W manitou nie jest mechaniczny, mechaniczny to ja rozumiem tryb wchodzi w tryb lub cos takiego, moze podeslij jakis prospekt w którym bedzie jasno napisane w teleskopie JCB jest hydrauliczny zamienik momenut. Ja zanalzlem ze w ladowarko koparakch jest to zasosowane za doplatą i to od niedawna, ale uruchamia to sie na ostatnim biegu.

Opublikowano

W czasie gdy ja kupowałem było troszke inaczej, moze wprowadzono teraz inne konstrukcje, tylko nadal nie wiem co to jest ten zmiennik momentu, tak dokładniej może ktos ma jakis opis schemat czy cos?
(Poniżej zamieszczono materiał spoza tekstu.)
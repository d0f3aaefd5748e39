-- ===== src/Kv/Runs.antt =====
-- The database as a map from keys to values, over any sequence of its calls.
use computing_api.Base.{
  >>=-eq-ok, Bool, Error, Exec, List, Option, Result, Str, [], ap, err, false, if◌then◌else◌, lift,
  lift->>=-eq-ok, none, ok, ok-injective, reads, reads->>=-eq-ok, refl, some, str_eq, sym, true,
  ◌>>=◌, ◌∙◌, ◌∷◌, ◌≡◌,
}
use computing_api.Kv.{
  Badger, Lookup, delete, failed, found, multi_delete, multi_put, not_found, put, put_all,
  unreadable, update, value_of,
}
use computing_api.Kv.Laws.{BadgerLaws, contents-multi_delete, contents-put, mem}

abbrev pub Map : Type 0
Map = Str → Option Str

abbrev pub set : Str → Option Str → Map → Map
set key o m j = if str_eq key j then o else m j

-- Later values of a key win; a key with no value is no key.
abbrev pub set_all : List Str → List Str → Map → Map
set_all [] values m = m
set_all (k ∷ keys) [] m = m
set_all (k ∷ keys) (v ∷ values) m = set_all keys values (set k (some v) m)

abbrev pub remove_all : List Str → Map → Map
remove_all keys m j = if mem j keys then none else m j

pub data Write : Type 0 where
  puts : (key value : Str) → Write
  multi_puts : (keys values : List Str) → Write
  deletes : (key : Str) → Write
  multi_deletes : (keys : List Str) → Write
  updates : (key : Str) → (Str → Result Str) → Write

abbrev set_if_ok : Str → Result Str → Map → Map
set_if_ok key (ok v) m = set key (some v) m
set_if_ok key _ m = m

abbrev update_of : Str → (Str → Result Str) → Option Str → Map → Map
update_of key f none m = m
update_of key f (some old) m = set_if_ok key (f old) m

-- What a call that succeeds does to a map.
abbrev pub change : Write → Map → Map
change (puts key value) m = set key (some value) m
change (multi_puts keys values) m = set_all keys values m
change (deletes key) m = set key none m
change (multi_deletes keys) m = remove_all keys m
change (updates key f) m = update_of key f (m key) m

module _ (b : Badger) where
  unfoldable pub perform : Write → Exec b.Db (Unit {0})
  perform (puts key value) = put b key value
  perform (multi_puts keys values) = multi_put b keys values
  perform (deletes key) = delete b key
  perform (multi_deletes keys) = multi_delete b keys
  perform (updates key f) = update b key f

  module _ (laws : BadgerLaws b) where
    open laws use {contents, reading, set_key_law, delete_key_law, found_law, commit_law, abort_law}

    put_all-reading :
        (keys values : List Str) (t t' : b.Txn)
        → put_all b keys values t ≡ (ok tt, t')
        → reading t' ≡ set_all keys values (reading t)
    unfolding put_all
    put_all-reading [] values t t' h = ap reading (cc)
    put_all-reading (k ∷ keys) [] t t' h = absurd (cc)
    put_all-reading (k ∷ keys) (v ∷ values) t t' h =
        let (_, t1, first, rest) = >>=-eq-ok (b.set_key k v) (λ _. put_all b keys values) t h in
        put_all-reading keys values t1 t' rest
        ∙ ap (set_all keys values) (λ i j. set_key_law k v t t1 first j i)

    -- What a transaction does to what it reads is done to the database.
    committed :
        (f : Exec b.Txn (Unit {0})) (g : Map → Map) (d d' : b.Db)
        → ((t t' : b.Txn) → f t ≡ (ok tt, t') → reading t' ≡ g (reading t))
        → b.update_txn f d ≡ (ok tt, d')
        → contents d' ≡ g (contents d)
    committed f g d d' does h =
        let (t, t', before, run, after) = commit_law f d d' h in
        (λ i j. after j i) ∙ does t t' run ∙ ap g (λ i j. before j i)

    value_of_found : (l : Lookup) (v : Str) → value_of l ≡ ok v → l ≡ found v
    value_of_found (found w) v h = ap found (ok-injective h)
    value_of_found not_found v h = absurd (cc)
    value_of_found (unreadable e) v h = absurd (cc)
    value_of_found (failed e) v h = absurd (cc)

    update-reading :
        (key : Str) (f : Str → Result Str) (t t' : b.Txn)
        → (reads (λ txn. value_of (b.get_key key txn)) >>= λ old.
              lift (f old) >>= λ value. b.set_key key value)
            t
          ≡ (ok tt, t')
        → reading t' ≡ update_of key f (reading t key) (reading t)
    update-reading key f t t' h =
        let (old, got, h1) = reads->>=-eq-ok (λ txn. value_of (b.get_key key txn)) _ t h in
        let (value, made, h2) = lift->>=-eq-ok (f old) _ t h1 in
        let there = found_law key old t (value_of_found (b.get_key key t) old got) in
        (λ i j. set_key_law key value t t' h2 j i)
        ∙ sym (
            ap (λ o. update_of key f o (reading t)) there
            ∙ ap (λ r. set_if_ok key r (reading t)) made)

    perform-change :
        (c : Write) (d d' : b.Db) → perform c d ≡ (ok tt, d') → contents d' ≡ change c (contents d)
    unfolding perform multi_put delete update
    perform-change (puts key value) d d' h = λ i j. contents-put b laws key value d d' h j i
    perform-change (multi_puts keys values) d d' h =
        committed (put_all b keys values) (set_all keys values) d d' (put_all-reading keys values) h
    perform-change (deletes key) d d' h =
        committed (b.delete_key key) (set key none) d d'
          (λ t t' run. λ i j. delete_key_law key t t' run j i) h
    perform-change (multi_deletes keys) d d' h = λ i j. contents-multi_delete b laws keys d d' h j i
    perform-change (updates key f) d d' h =
        committed _ (λ m. update_of key f (m key) m) d d' (update-reading key f) h

    perform-failed : (c : Write) (d d' : b.Db) (e : Error) → perform c d ≡ (err e, d') → d' ≡ d
    unfolding perform put multi_put delete multi_delete update
    perform-failed (puts key value) d d' e h = abort_law _ d d' e h
    perform-failed (multi_puts keys values) d d' e h = abort_law _ d d' e h
    perform-failed (deletes key) d d' e h = abort_law _ d d' e h
    perform-failed (multi_deletes keys) d d' e h = abort_law _ d d' e h
    perform-failed (updates key f) d d' e h = abort_law _ d d' e h

  -- Calls one after another, each with whether it succeeded; a panic ends them.
  pub data Runs : List (Write × Bool) → b.Db → b.Db → Type 0 where
    unchanged : {d : b.Db} → Runs [] d d
    succeeded :
        {c : Write} {calls : List (Write × Bool)} {d d1 d2 : b.Db}
        → perform c d ≡ (ok tt, d1)
        → Runs calls d1 d2
        → Runs ((c, true) ∷ calls) d d2
    failing :
        {c : Write} {calls : List (Write × Bool)} {d d1 d2 : b.Db} (e : Error)
        → perform c d ≡ (err e, d1)
        → Runs calls d1 d2
        → Runs ((c, false) ∷ calls) d d2

-- What calls do to a map, where those that failed do nothing.
abbrev pub replay : List (Write × Bool) → Map → Map
replay [] m = m
replay ((c, true) ∷ calls) m = replay calls (change c m)
replay ((c, false) ∷ calls) m = replay calls m

-- The database is a map from keys to values, over any sequence of `Put`, `MultiPut`, `Delete`,
-- `MultiDelete` and `Update`, errors included: it holds what the calls that succeeded did to the map
-- that it was, a call for many keys all of its keys, and a call that failed has changed nothing.
pub Runs-replay :
    (b : Badger) (laws : BadgerLaws b) (calls : List (Write × Bool)) (d d' : b.Db)
    → Runs b calls d d'
    → laws.contents d' ≡ replay calls (laws.contents d)
Runs-replay b laws _ d _ unchanged = refl
Runs-replay b laws _ d d' (succeeded {c} {calls} {d1 = d1} done rest) =
    Runs-replay b laws calls d1 d' rest ∙ ap (replay calls) (perform-change b laws c d d1 done)
Runs-replay b laws _ d d' (failing {c} {calls} {d1 = d1} e done rest) =
    Runs-replay b laws calls d1 d' rest
    ∙ ap (λ x. replay calls (laws.contents x)) (perform-failed b laws c d d1 e done)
Pierwszy raz spotkalem sie z takim okresleniem.

Opublikowano

zamiennik momentu to nic innego jak przekładnia

to tak samo jak półbiegi (np w ursusie) to jest wzmacniacz momentu :huh:

poprostu ktos tak to przetłumaczył he

Opublikowano

he Paveł nie przesadzaj to nie ursus.

 

sprzegło hydrokinetyczne, bo przekładnia jest hydrokinetyczna

to ze maszyna posiada zmiennik momentu (przekładnie hydrokinetyczną) nie oznacza ze jest to hydrostat.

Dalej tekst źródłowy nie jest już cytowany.